Peter A Allard School of Law

Native Plants & Indigenous Law: Unsettling Colonial Landscapes

Event Description

Join us for our first CLE Speaker Series of the year with Dr. Pamela Spalding! Dr. Spalding will discuss her recent article “Making Space for Indigenous Legal Relationships with Plants in Aboriginal Law” published in the "Our More-Than-Human Constitutions" special issue of the Review of Constitutional Studies, Nov. 2025. The article explores how important relationships between native plants and Indigenous peoples are generally overlooked in legislation, case law, environmental assessments, and modern treaty negotiations.

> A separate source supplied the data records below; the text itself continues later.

-- ===== src/Uuid.antt =====
-- The pattern of a uuid, which `UUID_PATTERN` (src/modules/deposit/deposit-state.machine.ts) and
-- `SCOPE_ID_RE` (src/core/ledger/account-codes.ts) share.
use telegram_mini_app.Prelude.{
  ℕ, zero, suc, Bool, true, false, not, ◌&&◌, ◌||◌, List, [], ◌∷◌, Option, none, some, leb, all,
  Option-cases, Bool-cases, inl, inr, arith, ◌==◌, if◌then◌else◌, ◌≡◌, refl,
}
use telegram_mini_app.Prelude.Text.{Text, text, nonempty}

is_hex : ℕ → Bool
is_hex c = (leb b'0' c && leb c b'9') || (leb b'a' c && leb c b'f') || (leb b'A' c && leb c b'F')

-- What follows `n` hexadecimal digits.
hex_run : ℕ → Text → Option Text
hex_run zero t = some t
hex_run (suc n) [] = none
hex_run (suc n) (c ∷ t) = if is_hex c then hex_run n t else none

after_dash : Text → Option Text
after_dash [] = none
after_dash (c ∷ t) = if c == b'-' then some t else none

-- Groups of hexadecimal digits, of the lengths given, with a dash between two groups.
uuid_groups : List ℕ → Text → Bool
uuid_groups [] t = not (nonempty t)
uuid_groups (n ∷ []) t = elim (hex_run n t) [ none ↦ false | some rest ↦ not (nonempty rest) ]
uuid_groups (n ∷ m ∷ ns) t = elim (hex_run n t) [
  | none ↦ false
  | some rest ↦ elim (after_dash rest) [ none ↦ false | some group ↦ uuid_groups (m ∷ ns) group ]
]

unfoldable pub is_uuid : Text → Bool
unfolding uuid_groups hex_run after_dash is_hex text
is_uuid t = uuid_groups (8 ∷ 4 ∷ 4 ∷ 4 ∷ 12 ∷ []) t

-- No `:` stands in the text.
abbrev pub is_plain : Text → Bool
is_plain = all (λ c. not (c == b':'))

hex_run-plain :
    (n : ℕ) (t : Text) {rest : Text}
    → hex_run n t ≡ some rest
    → is_plain rest ≡ true
    → is_plain t ≡ true
unfolding hex_run is_hex
hex_run-plain zero t h k = ground (arith, h, k)
hex_run-plain (suc n) [] h k = refl
hex_run-plain (suc n) (c ∷ t) {rest} h k = elim (Bool-cases (is_hex c)) [
  | inl e ↦ ground (arith, hex_run-plain n t {rest = rest} (ground (arith, e)) k)
  | inr e ↦ absurd (cc)
]

after_dash-plain :
    (t : Text) {rest : Text} → after_dash t ≡ some rest → is_plain rest ≡ true → is_plain t ≡ true
unfolding after_dash
after_dash-plain [] h k = refl
after_dash-plain (c ∷ t) {rest} h k = elim (Bool-cases (c == b'-')) [
  | inl e ↦
      let same : t ≡ rest = cc in
      let plain : is_plain t ≡ true = rw (same) k in ground (arith, e, plain)
  | inr e ↦ absurd (cc)
]

empty-plain : (t : Text) → not (nonempty t) ≡ true → is_plain t ≡ true
empty-plain [] h = refl
empty-plain (c ∷ t) h = absurd (cc)

uuid_groups-plain : (ns : List ℕ) (t : Text) → uuid_groups ns t ≡ true → is_plain t ≡ true
unfolding uuid_groups
uuid_groups-plain [] t h = empty-plain t h
uuid_groups-plain (n ∷ []) t h = elim (Option-cases (hex_run n t)) [
  | inl e ↦ absurd (cc)
  | inr (rest, e) ↦ hex_run-plain n t e (empty-plain rest (cc))
]
uuid_groups-plain (n ∷ m ∷ ns) t h = elim (Option-cases (hex_run n t)) [
  | inl e ↦ absurd (cc)
  | inr (rest, e) ↦ elim (Option-cases (after_dash rest)) [
    | inl f ↦ absurd (cc)
    | inr (group, f) ↦
        hex_run-plain n t e (after_dash-plain rest f (uuid_groups-plain (m ∷ ns) group (cc)))
  ]
]

pub is_uuid-plain : (t : Text) → is_uuid t ≡ true → is_plain t ≡ true
unfolding is_uuid
is_uuid-plain t h = uuid_groups-plain (8 ∷ 4 ∷ 4 ∷ 4 ∷ 12 ∷ []) t h

accepts_mixed_case : is_uuid (text "0f8fad5b-D9cb-469f-A165-70867728950e") ≡ true
unfolding is_uuid
accepts_mixed_case = refl

refuses_short_group : is_uuid (text "0f8fad5b-D9cb-469-A165-70867728950e") ≡ false
unfolding is_uuid
refuses_short_group = refl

For Zoom link details, email: cle@allard.ubc.ca.

Event Poster

Speaker

Dr. Pamela R. Spalding

Dr. Pamela Spalding is an Assistant Professor in the faculty of Indigenous Studies at the University of Victoria. Dr. Spalding is a Métis Canadian (Scottish, Cree and Ojibwe of the Red River, Manitoba territory) and an enrolled citizen of Métis Nation BC and the Métis Nation of Greater Victoria. She is an ethnobotanist whose research examines dimensions of Indigenous people’s relationships with plants, ecosystems, resource stewardship, Indigenous feminism, Indigenous legal orders, and customary legal landscapes. Her collaborative research with T’Sou-ke Nation over the last decade indicates that the magnitude of plant use in the traditional economies and lifeways of Indigenous peoples (particularly women) across North America warrants a much larger discussion about Indigenous plant use and ecosystem management in Canadian, US, and Indigenous governance. She is a former Mellon postdoctoral fellow with the Center for Global Indigenous Cultures and Environmental Justice at Syracuse University where she was introduced to how Anishinaabe and Haudenosaunee relationships with the more than human world are expressed in law.